Happy Chinese New Year educational travelers!

In case you didn’t know, today marks the start of the Lunar New Year ushering in the year of the fire monkey. Stay tuned for tomorrow’s post where I share everything you need to know about this popular Asian festival. Until then, Jeff is back with an educational post on a special museum dedicated to understanding the hearing impaired.


Any educational trip to Washington, D.C. for students who may be deaf or mute, must visit the Gallaudet University Museum, which is dedicated to promoting and interpreting the rich and complex deaf experience. Located at 800 Florida Avenue, NE the museum is a part of a collegiate experience that dates back over one hundred and fifty years. Gallaudet University is a bilingual, diverse, multicultural institution of higher education that ensures the intellectual and professional advancement of deaf and hard of hearing individuals through American Sign Language and English.
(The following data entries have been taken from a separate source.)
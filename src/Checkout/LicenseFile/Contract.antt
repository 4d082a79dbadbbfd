-- ===== src/Checkout/LicenseFile/Contract.antt =====
-- The errors that verification of a license file can raise.
use tamga_python.Prelude.{
  ◌≡◌, refl, ◌⊎◌, Option, none, some, arith, inl, inr, Bool-cases, Option-cases, ltb, length, not,
  ◌+◌,
}
use tamga_python.Python.Int.{ℤ}
use tamga_python.Python.Str.{Str, Bytes, codes, str_eq, is_ascii}
use tamga_python.Python.Json.{Json, null, get, as_dict, index_by, subscript}
use tamga_python.Python.Exc.{
  Exc, IsUnsupported, unsupported_algorithm, Result, ok, err, guard, Raises, Raises-bind,
  Raises-guard, value_error, unicode_error, invalid_signature, or_value_error,
}
use tamga_python.Crypto.Errors.{LoadsKeys, ed25519_verify-Raises}
use tamga_python.Crypto.{ed25519_verify, derive_license_file_key}
use tamga_python.Checkout.Runtime.{Runtime, LoadsJson}
use tamga_python.Checkout.Envelope.{json_value, b64decode_strict}
use tamga_python.Checkout.Claims.{LicenseFileClaims, license_file, parse_claims, enforce_expiry}
use tamga_python.Checkout.Documented.{
  IsDocumented, IsVerifyError, Documented, or_value_error-Documented, b64decode_strict-Documented,
  json_value-Documented, json_loads-Documented, parse_claims-Documented, enforce_expiry-Documented,
  derive_license_file_key-Documented, aes_gcm_decrypt-Documented,
}
use tamga_python.Checkout.LicenseFile.{
  LicenseFile, alg_encrypted, nonce_length, gcm_tag_length, encode_ascii, decrypt, decode_payload,
  missing_data, member_or_empty, license_resource_from, interpret, verify_with_claims, readable,
  unverified_kid,
}

-- What verification of a license file raises: an unsupported key besides.
abbrev pub IsLicenseError : Exc → Type 0
IsLicenseError e = (e ≡ unsupported_algorithm) ⊎ IsVerifyError e

license_error {ℓ} : {A : Type ℓ} (r : Result A) → Documented r → Raises IsLicenseError r
license_error (ok a) h = tt
license_error (err e) h = inr (inr h)

unsupported {ℓ} : {A : Type ℓ} (r : Result A) → Raises IsUnsupported r → Raises IsLicenseError r
unsupported (ok a) h = tt
unsupported (err e) h = inl h

pub missing_data-Documented :
    (parsed : Json) (k : Str) → Documented (missing_data (index_by parsed k))
unfolding missing_data index_by subscript
missing_data-Documented (Json.obj fields) k = elim (Option-cases (get fields k)) [
  | inl e ↦ rw (missing_data, subscript, e) refl
  | inr (v, e) ↦ rw (missing_data, subscript, e) tt
]
missing_data-Documented Json.null k = refl
missing_data-Documented (Json.bool b) k = refl
missing_data-Documented (Json.int n) k = refl
missing_data-Documented (Json.float x) k = refl
missing_data-Documented (Json.str s) k = refl
missing_data-Documented (Json.arr items) k = refl

member_or_empty-Documented : (o : Option Json) → Documented (member_or_empty o)
unfolding member_or_empty
member_or_empty-Documented none = tt
member_or_empty-Documented (some null) = tt
member_or_empty-Documented (some v) = ground (arith, or_value_error-Documented (as_dict v))

pub license_resource_from-Documented : (v : Json) → Documented (license_resource_from v)
unfolding license_resource_from
license_resource_from-Documented v =
    Raises-bind IsDocumented (or_value_error (as_dict v)) _ (or_value_error-Documented _)
      λ fields _.
        Raises-bind IsDocumented (or_value_error (get fields (codes "id"))) _
          (or_value_error-Documented _)
          λ id _.
            Raises-bind IsDocumented (or_value_error (get fields (codes "type"))) _
              (or_value_error-Documented _)
              λ type _.
                Raises-bind IsDocumented (member_or_empty (get fields (codes "attributes"))) _
                  (member_or_empty-Documented _)
                  λ attributes _.
                    Raises-bind IsDocumented (member_or_empty (get fields (codes "relationships")))
                      _ (member_or_empty-Documented _) λ relationships _. tt

-- What can be read of a file without checking it, or is documented not to be readable.
pub readable-lem :
    (r : Result LicenseFileClaims) → Documented r → (kid : Option Str) × (readable r ≡ ok kid)
unfolding readable
readable-lem (ok claims) h = (some claims.kid, refl)
readable-lem (err e) h = (none, ground (arith, h))

decrypt-Documented :
    (rt : Runtime) (payload : Bytes) (k : Option Str) → Documented (decrypt rt payload k)
unfolding decrypt
decrypt-Documented rt payload none = refl
decrypt-Documented rt payload (some license_key) =
    Raises-bind IsDocumented
      (guard (not (ltb (length payload) (nonce_length + gcm_tag_length))) value_error) _
      (Raises-guard IsDocumented (not (ltb (length payload) (nonce_length + gcm_tag_length)))
        value_error refl)
      λ u _.
        Raises-bind IsDocumented (derive_license_file_key rt.cryptography license_key) _
          (derive_license_file_key-Documented rt.cryptography license_key)
          λ key _. aes_gcm_decrypt-Documented rt.cryptography key _ _

module _ (rt : Runtime) (json : LoadsJson rt) (file : LicenseFile) (license_key : Option Str) where
  decode_payload-Documented : Documented (decode_payload rt file license_key)
  unfolding decode_payload
  decode_payload-Documented =
      Raises-bind IsDocumented (b64decode_strict file.enc) _ (b64decode_strict-Documented _)
        λ payload _. elim (Bool-cases (str_eq file.alg alg_encrypted)) [
          | inl e ↦ rw e (decrypt-Documented rt payload license_key)
          | inr e ↦ rw e tt
        ]

  interpret-Documented : (now : Option ℤ) → Documented (interpret rt file license_key now)
  unfolding interpret
  interpret-Documented now =
      Raises-bind IsDocumented (decode_payload rt file license_key) _ decode_payload-Documented
        λ plaintext _.
          Raises-bind IsDocumented (json_value (rt.json_loads plaintext)) _
            (json_value-Documented rt json plaintext)
            λ parsed _.
              Raises-bind IsDocumented (missing_data (index_by parsed (codes "data"))) _
                (missing_data-Documented parsed _)
                λ data_member _.
                  Raises-bind IsDocumented (parse_claims rt.repr parsed) _
                    (parse_claims-Documented rt.repr parsed)
                    λ claims _.
                      Raises-bind IsDocumented (enforce_expiry license_file claims now rt.clock) _
                        (enforce_expiry-Documented license_file claims now rt.clock)
                        λ u _.
                          Raises-bind IsDocumented (license_resource_from data_member) _
                            (license_resource_from-Documented data_member) λ license _. tt

  -- Where `json.loads` and the loaders of keys raise only their documented errors, verification of
  -- any license file either returns or raises UnsupportedAlgorithm, a ValueError (or a subclass of
  -- it), InvalidSignature or InvalidTag.
  pub verify_with_claims-Documented :
      (loads : LoadsKeys rt.cryptography) (public_key : Bytes) (now : Option ℤ)
      → Raises IsLicenseError (verify_with_claims rt file public_key license_key now)
  unfolding verify_with_claims encode_ascii
  verify_with_claims-Documented loads public_key now =
      Raises-bind IsLicenseError (encode_ascii file.enc) _
        (Raises-bind IsLicenseError (guard (is_ascii file.enc) unicode_error) _
          (Raises-guard IsLicenseError _ _ (inr (inr refl))) λ u _. tt)
        λ message _.
          Raises-bind IsLicenseError (ed25519_verify rt.cryptography public_key message file.sig) _
            (unsupported _
              (ed25519_verify-Raises rt.cryptography loads public_key message file.sig))
            λ verified _.
              Raises-bind IsLicenseError (guard verified invalid_signature) _
                (Raises-guard IsLicenseError verified invalid_signature (inr (inl refl)))
                λ u _. license_error (interpret rt file license_key now) (interpret-Documented now)

  -- Where `json.loads` raises only its documented errors, reading the key id that an unverified
  -- license file claims raises nothing: it returns a key id or None.
  pub unverified_kid-total : (kid : Option Str) × (unverified_kid rt file license_key tt ≡ ok kid)
  unfolding unverified_kid
  unverified_kid-total = readable-lem _ (
      Raises-bind IsDocumented (decode_payload rt file license_key) _ decode_payload-Documented
        λ plaintext _.
          Raises-bind IsDocumented (rt.json_loads plaintext) _
            (json_loads-Documented rt json plaintext)
            λ parsed _. parse_claims-Documented rt.repr parsed)
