-- ===== src/Checkout/LicenseFile/Sound.antt =====
-- What a verified license file guarantees.
use mathlib.Core.List.{Memᴰ}
use mathlib.Core.Path.{subst}
use tamga_python.Prelude.{◌≡◌, ◌≢◌, sym, ◌∙◌, ap, true, Option, inl, inr, Bool-cases}
use tamga_python.Python.Int.{ℤ}
use tamga_python.Python.Str.{Str, Bytes, codes, is_ascii}
use tamga_python.Python.Json.{Json, index_by}
use tamga_python.Python.Exc.{
  Exc, Result, ok, err, guard, >>=-eq-ok, guard-eq-ok, invalid_signature, unicode_error,
  json_decode_error, key_error, type_error,
}
use tamga_python.Crypto.{ed25519_verify}
use tamga_python.Checkout.Runtime.{Runtime}
use tamga_python.Checkout.Envelope.{json_value}
use tamga_python.Checkout.KeySet.{SigningKeySet, resolve_signing_key}
use tamga_python.Checkout.KeySet.Resolve.{
  Verifies, verdict, error_of_err, resolve_signing_key_sound,
}
use tamga_python.Checkout.Claims.{
  LicenseFileClaims, license_file, reference, parse_claims, enforce_expiry,
}
use tamga_python.Checkout.Claims.Expiry.{IsCurrent, enforce_expiry_iff}
use tamga_python.Checkout.LicenseFile.{
  LicenseFile, LicenseResource, VerifiedLicenseFile, encode_ascii, decode_payload, missing_data,
  license_resource_from, interpret, verify_with_claims, unverified_kid, verify_with_key_set,
}

pub json_value-eq-ok {ℓ} : {A : Type ℓ} (r : Result A) {v : A} → json_value r ≡ ok v → r ≡ ok v
unfolding json_value
json_value-eq-ok (ok v) h = h
json_value-eq-ok (err json_decode_error) h = cc
json_value-eq-ok (err _) h = cc

pub missing_data-eq-ok : (r : Result Json) {v : Json} → missing_data r ≡ ok v → r ≡ ok v
unfolding missing_data
missing_data-eq-ok (ok v) h = h
missing_data-eq-ok (err key_error) h = cc
missing_data-eq-ok (err type_error) h = cc
missing_data-eq-ok (err _) h = cc

module _ (rt : Runtime) (file : LicenseFile) (license_key : Option Str) (now : Option ℤ) where
  -- The payload decodes to a JSON object with these claims, which are current, and this license.
  pub record Holds (license : LicenseResource) (claims : LicenseFileClaims) : Type 0 where
    pub plaintext : Bytes
    pub decoded : decode_payload rt file license_key ≡ ok plaintext
    pub parsed : Json
    pub loaded : rt.json_loads plaintext ≡ ok parsed
    pub claimed : parse_claims rt.repr parsed ≡ ok claims
    pub current : IsCurrent claims (reference now rt.clock)
    pub data_member : Json
    pub present : index_by parsed (codes "data") ≡ ok data_member
    pub resource : license_resource_from data_member ≡ ok license

  interpret-Holds :
      (license : LicenseResource) (claims : LicenseFileClaims)
      → interpret rt file license_key now ≡ ok (license, claims)
      → Holds license claims
  unfolding interpret
  interpret-Holds license claims h =
      let (plaintext, decoded, h1) = >>=-eq-ok (decode_payload rt file license_key) _ h in
      let (parsed, loaded, h2) = >>=-eq-ok (json_value (rt.json_loads plaintext)) _ h1 in
      let (data_member, present, h3) =
        >>=-eq-ok (missing_data (index_by parsed (codes "data"))) _ h2 in
      let (claims', claimed, h4) = >>=-eq-ok (parse_claims rt.repr parsed) _ h3 in
      let (u, current, h5) = >>=-eq-ok (enforce_expiry license_file claims' now rt.clock) _ h4 in
      let (license', resource, h6) = >>=-eq-ok (license_resource_from data_member) _ h5 in
      let pair : ◌≡◌ {A = LicenseResource × LicenseFileClaims} (license', claims')
          (license, claims) =
        cc h6 in
      let same_license : license' ≡ license =
        ap (λ (p : LicenseResource × LicenseFileClaims). p.0) pair in
      let same_claims : claims' ≡ claims =
        ap (λ (p : LicenseResource × LicenseFileClaims). p.1) pair in
      record {
        plaintext = plaintext;
        decoded = decoded;
        parsed = parsed;
        loaded = json_value-eq-ok _ loaded;
        claimed = claimed ∙ ap ok same_claims;
        current =
            rw (← same_claims) ((enforce_expiry_iff license_file claims' now rt.clock).0 current);
        data_member = data_member;
        present = missing_data-eq-ok _ present;
        resource = resource ∙ ap ok same_license;
      }

  Holds-interpret :
      (license : LicenseResource) (claims : LicenseFileClaims)
      → Holds license claims
      → interpret rt file license_key now ≡ ok (license, claims)
  unfolding interpret json_value missing_data
  Holds-interpret license claims v = rw (
    v.decoded,
    v.loaded,
    v.present,
    v.claimed,
    (enforce_expiry_iff license_file claims now rt.clock).1 v.current,
    v.resource,
  )

  -- Verification returns a license and claims exactly when the text of `enc` is ASCII, the
  -- signature covers its bytes under the given key, the payload holds that license and those
  -- claims, and the claims have not expired.
  pub verify_with_claims_iff :
      (public_key : Bytes) (license : LicenseResource) (claims : LicenseFileClaims)
      → (verify_with_claims rt file public_key license_key now ≡ ok (license, claims)
          → (is_ascii file.enc ≡ true)
            × (ed25519_verify rt.cryptography public_key file.enc file.sig ≡ ok true)
            × Holds license claims)
        × ((is_ascii file.enc ≡ true)
              × (ed25519_verify rt.cryptography public_key file.enc file.sig ≡ ok true)
              × Holds license claims
            → verify_with_claims rt file public_key license_key now ≡ ok (license, claims))
  unfolding verify_with_claims encode_ascii
  verify_with_claims_iff public_key license claims = (
    λ h.
        let (message, e, h1) = >>=-eq-ok (encode_ascii file.enc) _ h in
        let (verified, checked, h2) =
          >>=-eq-ok (ed25519_verify rt.cryptography public_key message file.sig) _ h1 in
        let (u, g, h3) = >>=-eq-ok (guard verified invalid_signature) _ h2 in
        let (v, a, h4) = >>=-eq-ok (guard (is_ascii file.enc) unicode_error) _ e in
        let same : file.enc ≡ message = cc h4 in
        (
          guard-eq-ok (is_ascii file.enc) unicode_error a,
          rw same (checked ∙ ap ok (guard-eq-ok verified invalid_signature g)),
          interpret-Holds license claims h3,
        ),
    λ (ascii, signed, holds). rw (ascii, signed) (Holds-interpret license claims holds),
  )

  -- Any error but UnicodeEncodeError and InvalidSignature, and but what the check of the signature
  -- itself raises, is raised only for a file that is signed under the given key: an expiry, say, is
  -- never reported of a forged file.
  pub verify_with_claims-authentic :
      (public_key : Bytes) (e : Exc)
      → verify_with_claims rt file public_key license_key now ≡ err e
      → e ≢ unicode_error
      → e ≢ invalid_signature
      → ed25519_verify rt.cryptography public_key file.enc file.sig ≢ err e
      → ed25519_verify rt.cryptography public_key file.enc file.sig ≡ ok true
  unfolding verify_with_claims encode_ascii
  verify_with_claims-authentic public_key e h k l n = elim (Bool-cases (is_ascii file.enc)) [
    | inr a ↦ absurd (k (sym (error_of_err (rw a at h))))
    | inl a ↦ elim (verdict (ed25519_verify rt.cryptography public_key file.enc file.sig)) [
      | inl t ↦ t
      | inr (inl f) ↦ absurd (l (sym (error_of_err (rw (a, f) at h))))
      | inr (inr (x, f)) ↦ absurd (n (f ∙ ap err (error_of_err (rw (a, f) at h))))
    ]
  ]

  -- A file verified against a key set holds its license and its current claims under an Ed25519
  -- key of the set that signed it, and that key is the one returned.
  pub verify_with_key_set_sound :
      (key_set : SigningKeySet) (v : VerifiedLicenseFile)
      → verify_with_key_set rt file key_set license_key now ≡ ok v
      → (bs : Bytes) × Memᴰ v.key key_set.keys
        × Verifies (λ pk. ed25519_verify rt.cryptography pk file.enc file.sig) v.key bs
        × (verify_with_claims rt file bs license_key now ≡ ok (v.license, v.claims))
  unfolding verify_with_key_set encode_ascii
  verify_with_key_set_sound key_set v h = elim (Bool-cases (is_ascii file.enc)) [
    | inr a ↦ absurd (cc (rw a at h))
    | inl a ↦
        let ((key, bs), chosen, h1) =
          >>=-eq-ok
            (resolve_signing_key rt.sha256 key_set
              (λ pk. ed25519_verify rt.cryptography pk file.enc file.sig)
              (unverified_kid rt file license_key))
            _ (rw a at h) in
        let ((license, claims), verified, h2) =
          >>=-eq-ok (verify_with_claims rt file bs license_key now) _ h1 in
        let same : record { license = license; claims = claims; key = key } ≡ v = cc h2 in
        let (m, k) = resolve_signing_key_sound rt.sha256 key_set _ _ key bs chosen in
        (
          bs,
          subst (λ (w : VerifiedLicenseFile). Memᴰ w.key key_set.keys) same m,
          subst
              (λ (w : VerifiedLicenseFile).
                Verifies (λ pk. ed25519_verify rt.cryptography pk file.enc file.sig) w.key bs)
              same k,
          subst
              (λ (w : VerifiedLicenseFile).
                verify_with_claims rt file bs license_key now ≡ ok (w.license, w.claims))
              same verified,
        )
  ]
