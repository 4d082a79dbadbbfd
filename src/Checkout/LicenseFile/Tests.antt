-- ===== src/Checkout/LicenseFile/Tests.antt =====
-- A license file that verifies, and the theorems at work on it.
use mathlib.Core.List.{Memᴰ}
use tamga_python.Prelude.{◌≡◌, refl, true, none, some}
use tamga_python.Python.Int.{pos, ◌-ℤ◌}
use tamga_python.Python.Str.{Bytes, codes, str_eq, is_ascii}
use tamga_python.Python.Json.{str, end, index_by, to_int}
use tamga_python.Python.Exc.{ok, err, Raises, license_file_expired}
use tamga_python.Crypto.{ed25519_verify}
use tamga_python.Models.SigningKey.{is_ed25519, public_key_bytes}
use tamga_python.Checkout.Samples.{
  sample_cryptography-LoadsKeys, sample_runtime, sample_enc, sample_public_key, sample_signature,
  sample_loads-LoadsJson, sample_key, sample_key_set,
}
use tamga_python.Checkout.Claims.{LicenseFileClaims, parse_claims, enforce_expiry}
use tamga_python.Checkout.KeySet.{resolve_signing_key, usable_keys, is_usable}
use tamga_python.Checkout.KeySet.Resolve.{Verifies}
use tamga_python.Checkout.LicenseFile.{
  LicenseFile, LicenseResource, VerifiedLicenseFile, alg_plain, verify_with_claims,
  verify_with_key_set, interpret, decode_payload, missing_data, license_resource_from,
}
use tamga_python.Checkout.LicenseFile.Sound.{
  Holds, verify_with_claims_iff, verify_with_key_set_sound,
}
use tamga_python.Checkout.LicenseFile.Contract.{IsLicenseError, verify_with_claims-Documented}
use tamga_python.Checkout.Envelope.{b64decode_strict, json_value}

abbrev sample_file : LicenseFile
sample_file = record { enc = sample_enc; sig = sample_signature; alg = alg_plain; expiry = none }

abbrev sample_claims : LicenseFileClaims
sample_claims = record { iat = pos 10; jti = codes "j"; kid = codes "k"; exp = some (pos 100) }

abbrev sample_license : LicenseResource
sample_license = record {
  id = str (codes "1");
  type = str (codes "licenses");
  attributes = end;
  relationships = end;
}

abbrev sample_verified : VerifiedLicenseFile
sample_verified = record { license = sample_license; claims = sample_claims; key = sample_key }

verifies :
    verify_with_claims sample_runtime sample_file sample_public_key none none
    ≡ ok (sample_license, sample_claims)
unfolding verify_with_claims ed25519_verify str_eq interpret decode_payload b64decode_strict
    json_value missing_data index_by parse_claims to_int enforce_expiry ◌-ℤ◌ license_resource_from
verifies = refl

expires :
    verify_with_claims sample_runtime sample_file sample_public_key none (some (pos 161))
    ≡ err (license_file_expired (pos 100))
unfolding verify_with_claims ed25519_verify str_eq interpret decode_payload b64decode_strict
    json_value missing_data index_by parse_claims to_int enforce_expiry ◌-ℤ◌
expires = refl

verifies_with_key_set :
    verify_with_key_set sample_runtime sample_file sample_key_set none none ≡ ok sample_verified
unfolding verify_with_key_set resolve_signing_key usable_keys is_usable is_ed25519 public_key_bytes
    ed25519_verify verify_with_claims interpret decode_payload b64decode_strict json_value
    missing_data index_by parse_claims to_int enforce_expiry ◌-ℤ◌ license_resource_from str_eq
verifies_with_key_set = refl

verify_with_claims_iff_example :
    (is_ascii sample_enc ≡ true)
    × (ed25519_verify sample_runtime.cryptography sample_public_key sample_enc sample_signature
        ≡ ok true)
    × Holds sample_runtime sample_file none none sample_license sample_claims
verify_with_claims_iff_example =
    (verify_with_claims_iff sample_runtime sample_file none none sample_public_key sample_license
        sample_claims).0
      verifies

verify_with_key_set_sound_example :
    (bs : Bytes) × Memᴰ sample_key sample_key_set.keys
    × Verifies
        (λ pk. ed25519_verify sample_runtime.cryptography pk sample_enc sample_signature)
        sample_key
        bs
    × (verify_with_claims sample_runtime sample_file bs none none
        ≡ ok (sample_license, sample_claims))
verify_with_key_set_sound_example =
    verify_with_key_set_sound sample_runtime sample_file none none sample_key_set sample_verified
      verifies_with_key_set

verify_with_claims-Documented_example :
    Raises IsLicenseError
      (verify_with_claims sample_runtime sample_file sample_public_key none none)
verify_with_claims-Documented_example =
    verify_with_claims-Documented sample_runtime sample_loads-LoadsJson sample_file none
      sample_cryptography-LoadsKeys sample_public_key none
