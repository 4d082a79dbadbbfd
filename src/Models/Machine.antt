-- ===== src/Models/Machine.antt =====
-- models/machine.py and `LicenseScheme` of models/policy.py: what a machine file mentions.
use tamga_python.Prelude.{if◌then◌else◌}
use tamga_python.Python.Str.{Str, codes, str_eq}
use tamga_python.Python.Json.{Json, str}

pub data HeartbeatStatus : Type 0 where
  not_started alive dead resurrected : HeartbeatStatus

-- The algorithm of a license's keys and check-outs.
pub data LicenseScheme : Type 0 where
  ed25519_sign rsa_2048_pkcs1_sign rsa_2048_pkcs1_pss_sign ecdsa_p256_sign : LicenseScheme
  rsa_2048_jwt_rs256 : LicenseScheme

abbrev pub scheme_value : LicenseScheme → Str
scheme_value ed25519_sign = codes "ED25519_SIGN"
scheme_value rsa_2048_pkcs1_sign = codes "RSA_2048_PKCS1_SIGN"
scheme_value rsa_2048_pkcs1_pss_sign = codes "RSA_2048_PKCS1_PSS_SIGN"
scheme_value ecdsa_p256_sign = codes "ECDSA_P256_SIGN"
scheme_value rsa_2048_jwt_rs256 = codes "RSA_2048_JWT_RS256"

unfoldable pub status_of_text : Str → HeartbeatStatus
unfolding str_eq
status_of_text s =
    if str_eq s (codes "ALIVE")
    then alive
    else if str_eq s (codes "DEAD")
    then dead
    else if str_eq s (codes "RESURRECTED")
    then resurrected
    else not_started

-- HeartbeatStatus(v), and NOT_STARTED where that raises
unfoldable pub heartbeat_status_from : Json → HeartbeatStatus
unfolding status_of_text
heartbeat_status_from (str s) = status_of_text s
heartbeat_status_from v = not_started

-- The members that a machine file fills; what it holds under a name is kept as it is.
pub record MachineResource : Type 0 where
  pub id : Json
  pub fingerprint : Json
  pub name : Json
  pub ip : Json
  pub hostname : Json
  pub platform : Json
  pub cores : Json
  pub memory : Json
  pub disk : Json
  pub metadata : Json
  pub heartbeat_status : HeartbeatStatus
Gallaudet maintains a proud tradition of research and scholarly activity and prepares its graduates for career opportunities in a highly competitive, technological, and rapidly changing world.

Educational tours of Washington, D.C., that happen to include a visit to the Gallaudet University Museum, will discover the interesting story of Edward Miner Gallaudet whose father founded the American School for the Deaf in Hartford, Connecticut in 1817. Young Edward Gallaudet was hired as superintendent of the Columbia Institution in 1857 and persuaded President Abraham Lincoln to sign a charter allowing the institution to grant collegiate degrees to the Deaf and Dumb in 1864. The rest of the fascinating timeline can be learned on your student trip. The non-hearing challenged would benefit by including Gallaudet’s museum as part of their student tour to Washington, D.C.